It’s the midnight showing of the newest hit movie. People are lined up outside the theater waiting to get in. Suppose you’re asked to find the center of the line. How would you do this?
There are a couple of different ways to go about solving this problem. In the end you would have to figure out how many people were in the line, and then take half of that number. If the total number is even, then the center of the line would be between two people. If the total number is odd, then the center would be a single person.

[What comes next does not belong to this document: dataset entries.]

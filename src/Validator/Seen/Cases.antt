-- ===== src/Validator/Seen/Cases.antt =====
-- The outcomes of `ValidateAndAddShare` in validator.go, and what it does to the jobs.
use proxy_router.Prelude.{
  ℕ, ◌≡◌, ◌≢◌, ◌⊎◌, inl, inr, refl, sym, ap, ◌∙◌, false, String, List, ◌∷◌, Option, none, some,
  arith, string_eq, Option-cases, Bool-cases,
}
use proxy_router.Floats.{Float64}
use proxy_router.Stratum.{MiningSubmit, get_job_id}
use proxy_router.Containers.BoundStackMap.{get}
use proxy_router.Validator.{
  MiningJob, Validator, job_not_found, ShareResult, share_of, is_among, is_expired,
  check_duplicate_and_add_share, put_job, check_diff, after_check, check_share, with_job,
  validate_and_add_share,
}
use proxy_router.Validator.Seen.{get-put_job}

module _ (fl : Float64) (sha256 : List ℕ → List ℕ) where
  open fl use {F}

  -- What the check of a diff leaves: the job, with the share.
  after_check-put :
      (id : String) (job : MiningJob F) (msg : MiningSubmit) (v w : Validator F) (r : ShareResult)
      → after_check fl sha256 id (false, job) msg v ≡ some (w, r)
      → w ≡ put_job id job v
  unfolding after_check
  after_check-put id job msg v w r e = elim (Option-cases (check_diff fl sha256 job msg v)) [
    | inl n ↦ absurd (ground (arith, e, n))
    | inr (q, n) ↦ ground (arith, e, n)
  ]

  -- The job at `id` after the check of the share `c` on it.
  pub after_check-get :
      (id : String) (job : MiningJob F) (c : List ℕ) (msg : MiningSubmit) (v w : Validator F)
      (r : ShareResult)
      → get v.jobs id ≡ some job
      → after_check fl sha256 id (check_duplicate_and_add_share job c) msg v ≡ some (w, r)
      → (get w.jobs id ≡ some (check_duplicate_and_add_share job c).1)
        × ((j : String) → j ≢ id → get w.jobs j ≡ get v.jobs j)
  unfolding check_duplicate_and_add_share after_check
  after_check-get id job c msg v w r g e = elim (Bool-cases (is_among c job.shares)) [
    | inl b ↦ rw b (ground (arith, e, g, b), (λ j n. ground (arith, e, b)))
    | inr b ↦
        let job' : MiningJob F = record job { shares = c ∷ job.shares } in
        let p = after_check-put id job' msg v w r (rw b at e) in
        rw b (
          ap (λ x. get x.jobs id) p
              ∙ get-put_job id id job' v
              ∙ ground (arith, string_eq.beq_iff id id),
          (λ j n.
              ap (λ x. get x.jobs j) p
              ∙ get-put_job id j job' v
              ∙ ground (arith, string_eq.beq_iff id j, n)),
        )
  ]

  -- A call that returns found no job, or came to the check of a diff.
  abbrev pub Checked : String → ℕ → MiningSubmit → Validator F → Validator F → ShareResult → Type 0
  Checked id now msg v w r =
      (job : MiningJob F) × (c : List ℕ) × (get v.jobs id ≡ some job)
      × (is_expired now job.expiration_time ≡ false)
      × (share_of msg ≡ some c)
      × (after_check fl sha256 id (check_duplicate_and_add_share job c) msg v ≡ some (w, r))

  check_share-Checked :
      (id : String) (now : ℕ) (job : MiningJob F) (msg : MiningSubmit) (v w : Validator F)
      (r : ShareResult)
      → get v.jobs id ≡ some job
      → is_expired now job.expiration_time ≡ false
      → check_share fl sha256 id job msg v ≡ some (w, r)
      → Checked id now msg v w r
  unfolding check_share
  check_share-Checked id now job msg v w r g x e = elim (Option-cases (share_of msg)) [
    | inl n ↦ absurd (ground (arith, e, n))
    | inr (c, n) ↦ (job, c, g, x, n, rw n at e)
  ]

  pub validate-with_job :
      (id : String) (now : ℕ) (msg : MiningSubmit) (v : Validator F) (o : Option (MiningJob F))
      → get_job_id msg ≡ some id
      → get v.jobs id ≡ o
      → validate_and_add_share fl sha256 now msg v ≡ with_job fl sha256 now id msg v o
  unfolding validate_and_add_share
  validate-with_job id now msg v o i g = rw (i, g) refl

  with_job-cases :
      (id : String) (now : ℕ) (msg : MiningSubmit) (v w : Validator F) (r : ShareResult)
      (o : Option (MiningJob F))
      → get v.jobs id ≡ o
      → with_job fl sha256 now id msg v o ≡ some (w, r)
      → ((w ≡ v) × (r.error ≡ some job_not_found)) ⊎ Checked id now msg v w r
  unfolding with_job
  with_job-cases id now msg v w r none g e = inl (ground (arith, e))
  with_job-cases id now msg v w r (some job) g e =
      elim (Bool-cases (is_expired now job.expiration_time)) [
        | inl x ↦ inl (ground (arith, rw x at e))
        | inr x ↦ inr (check_share-Checked id now job msg v w r g x (rw x at e))
      ]

  pub validate-cases :
      (id : String) (now : ℕ) (msg : MiningSubmit) (v w : Validator F) (r : ShareResult)
      → get_job_id msg ≡ some id
      → validate_and_add_share fl sha256 now msg v ≡ some (w, r)
      → ((w ≡ v) × (r.error ≡ some job_not_found)) ⊎ Checked id now msg v w r
  validate-cases id now msg v w r i e =
      with_job-cases id now msg v w r (get v.jobs id) refl
        (sym (validate-with_job id now msg v (get v.jobs id) i refl) ∙ e)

You may ask, "What does finding the center of a line have to do with statistics?" This idea of finding the center is exactly what is used when calculating the median of a set of data.
What Is the Median?
The median is one of the three primary ways to find the average of statistical data. It is harder to calculate than the mode, but not as labor intensive as calculating the mean. It is the center in much the same way as finding the center of a line of people. After listing the data values in ascending order, the median is the data value with the same number of data values above it and below it.
Case One: An Odd Number of Values
Eleven batteries are tested to see how long they last. Their lifetimes, in hours, are given by 10, 99, 100, 103, 103, 105, 110, 111, 115, 130, 131. What is the median lifetime? Since there is an odd number of data values, this corresponds to a line with an odd number of people. The center will be the middle value.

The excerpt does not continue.